The curatorial project of "L’appartement 22 (2002-2022)" revives history by combining transience, memory and concealment with newly commissioned works. An example of this is the sound work that emanates from the mezzanine, which will become part of this ever-evolving project. The exhibition enhances the conviviality of the production methodology of L’appartement 22, with works coming alive like a concert of birds in the sky.
Wall Painting, Yassine Balbzioui at Lot219, Fez. Photo: Laura Elbarow.
Conversations were sparked by the display, and many of the supporters, writers, curators and artists that have been involved with this space over the last two decades were present. Some of us met for the first time, whilst others continued to build on collective conversations provoked by single ideas and multiple projects over the last 20 years, making the social bond akin to family ties. Considering the loyalty one often feels for families, I will end my short review here. As with every family there are moments of bliss and moments of conflict, but it always stays within the family.

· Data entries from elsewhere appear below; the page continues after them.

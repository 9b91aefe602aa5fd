-- ===== src/Redis/Memory.antt =====
-- A server that keeps values, among them locks and the release script of the caches, and the service
-- over it: what the tests run against.
use redfx.Common.{
  ℕ, ◌≡◌, inl, inr, refl, String, Bool, true, false, List, [], ◌∷◌, Option, none, some,
  if◌then◌else◌, ◌==◌, eq_refl, Option-cases,
}
use redfx.Js.Number.{of_ℕ}
use redfx.Durations.Whole.{whole}
use redfx.Resp.{RespValue, str, num, null}
use redfx.RedisError.{RedisError, command_error}
use redfx.Effect.{Exit, succeed, fail}
use redfx.Connection.{ConnectionService}
use redfx.RedisCommand.{Arg, text, RedisCommand, command, set_args}
use redfx.Redis.Keys
use redfx.Redis.Service.{RedisService}
use redfx.Redis.Make.{make_redis}
use redfx.Decode.{decode_option_string, decode_number}
use redfx.Redis.ValueServer.{ValueServer}

pub record Store : Type 0 where
  pub values : String → Option String
  pub kept : Bool

abbrev pub put : String → String → Store → Store
put k v w = record w { values = λ x. if x == k then some v else w.values x }

abbrev pub drop : String → Store → Store
drop k w = record w { values = λ x. if x == k then none else w.values x }

abbrev pub bulk : Option String → RespValue
bulk none = null
bulk (some s) = str s

abbrev pub is_own : String → Option String → Bool
is_own token none = false
is_own token (some t) = t == token

abbrev pub take : String → String → Option String → Store → Exit RedisError RespValue × Store
take k token none w = (succeed (str "OK"), put k token w)
take k token (some t) w = (succeed null, w)

abbrev pub release : String → String → Store → Exit RedisError RespValue × Store
release k token w =
    if is_own token (w.values k)
    then (succeed (num (of_ℕ 1)), drop k w)
    else (succeed (num (of_ℕ 0)), w)

abbrev pub no_script : RedisError
no_script = command_error "NOSCRIPT No matching script" none (some "NOSCRIPT")

abbrev pub set_reply : List Arg → Store → Exit RedisError RespValue × Store
set_reply (text k ∷ text v ∷ []) w = (succeed (str "OK"), put k v w)
set_reply (text k ∷ text v ∷ _ ∷ []) w = (succeed (str "OK"), put k v w)
set_reply (text k ∷ text v ∷ _ ∷ _ ∷ []) w = (succeed (str "OK"), put k v w)
set_reply (text k ∷ text v ∷ _ ∷ _ ∷ text nx ∷ []) w = take k v (w.values k) w
set_reply _ w = (succeed null, w)

abbrev pub run_script : List Arg → Store → Exit RedisError RespValue × Store
run_script (sha ∷ n ∷ text k ∷ text token ∷ []) w = release k token w
run_script _ w = (succeed null, w)

abbrev pub key_reply :
    (String → Store → Exit RedisError RespValue × Store)
    → List Arg
    → Store
    → Exit RedisError RespValue × Store
key_reply f (text k ∷ []) w = f k w
key_reply f _ w = (succeed null, w)

abbrev pub stored_send : RedisCommand → Store → Exit RedisError RespValue × Store
stored_send c w =
    if c.name == "GET"
    then key_reply (λ k w. (succeed (bulk (w.values k)), w)) c.args w
    else if c.name == "SET"
    then set_reply c.args w
    else if c.name == "DEL"
    then key_reply (λ k w. (succeed (num (of_ℕ 1)), drop k w)) c.args w
    else if c.name == "SCRIPT"
    then (succeed (str "sha"), record w { kept = true })
    else if c.name == "EVALSHA"
    then (if w.kept then run_script c.args w else (fail no_script, w))
    else (succeed null, w)

abbrev pub stored_connection : ConnectionService Store
stored_connection = record {
  send = stored_send;
  pipeline = λ cs w. (succeed [], w);
  close = λ w. (succeed tt, w);
}

abbrev pub service : RedisService Store whole
service = make_redis whole stored_connection

pub get_reply : (k : String) (w : Store) → service.get k w ≡ (succeed (w.values k), w)
unfolding make_redis Keys.get Keys.ask decode_option_string command
get_reply k w = elim (Option-cases (w.values k)) [
  | inl missing ↦ rw missing refl
  | inr (s, found) ↦ rw found refl
]

pub set_replies :
    (k v : String) (ex px : Option ℕ) (keep_ttl : Bool) (w : Store)
    → service.set k v (record { ex = ex; px = px; keep_ttl = keep_ttl }) w ≡ (succeed tt, put k v w)
unfolding make_redis Keys.set command set_args
set_replies k v (some ex) px keep_ttl w = refl
set_replies k v none (some px) keep_ttl w = refl
set_replies k v none none true w = refl
set_replies k v none none false w = refl

pub del_reply : (k : String) (w : Store) → service.del (k ∷ []) w ≡ (succeed (of_ℕ 1), drop k w)
unfolding make_redis Keys.del Keys.ask decode_number command
del_reply k w = refl

unfoldable pub value_server : ValueServer service
value_server = record {
  stored = λ k w. w.values k;
  put = put;
  drop = drop;
  dropped = λ k w. of_ℕ 1;
  get_lem = get_reply;
  set_lem = λ k v opts w. set_replies k v opts.ex opts.px opts.keep_ttl w;
  del_lem = del_reply;
  stored-put = λ k v w. rw (eq_refl k) refl;
  stored-drop = λ k w. rw (eq_refl k) refl;
}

Footnotes1 I was host to expedition #8, which started in Bergen, on the west coast of Norway and culminated in the circumpolar region of Bodø. I joined founder of L’appartement 22, Abdellah Karroum, and artist Heidi Nikolaisen on the journey by sea from one location to the other, and was happy to also be able to see the resulting work in the 3rd edition of the Arts in Marrakech Biennale. I have also collaborated closely with Abdellah Karroum on projects such as the 1st Brussels biennial and the 1st Biennale Bénin.
Anne Szefer Karlsen is a curator, writer and editor, Professor of Curatorial Practice and currently programme director for MA Curatorial Practice at the Faculty of Fine Art, Music and Design, University of Bergen, Norway.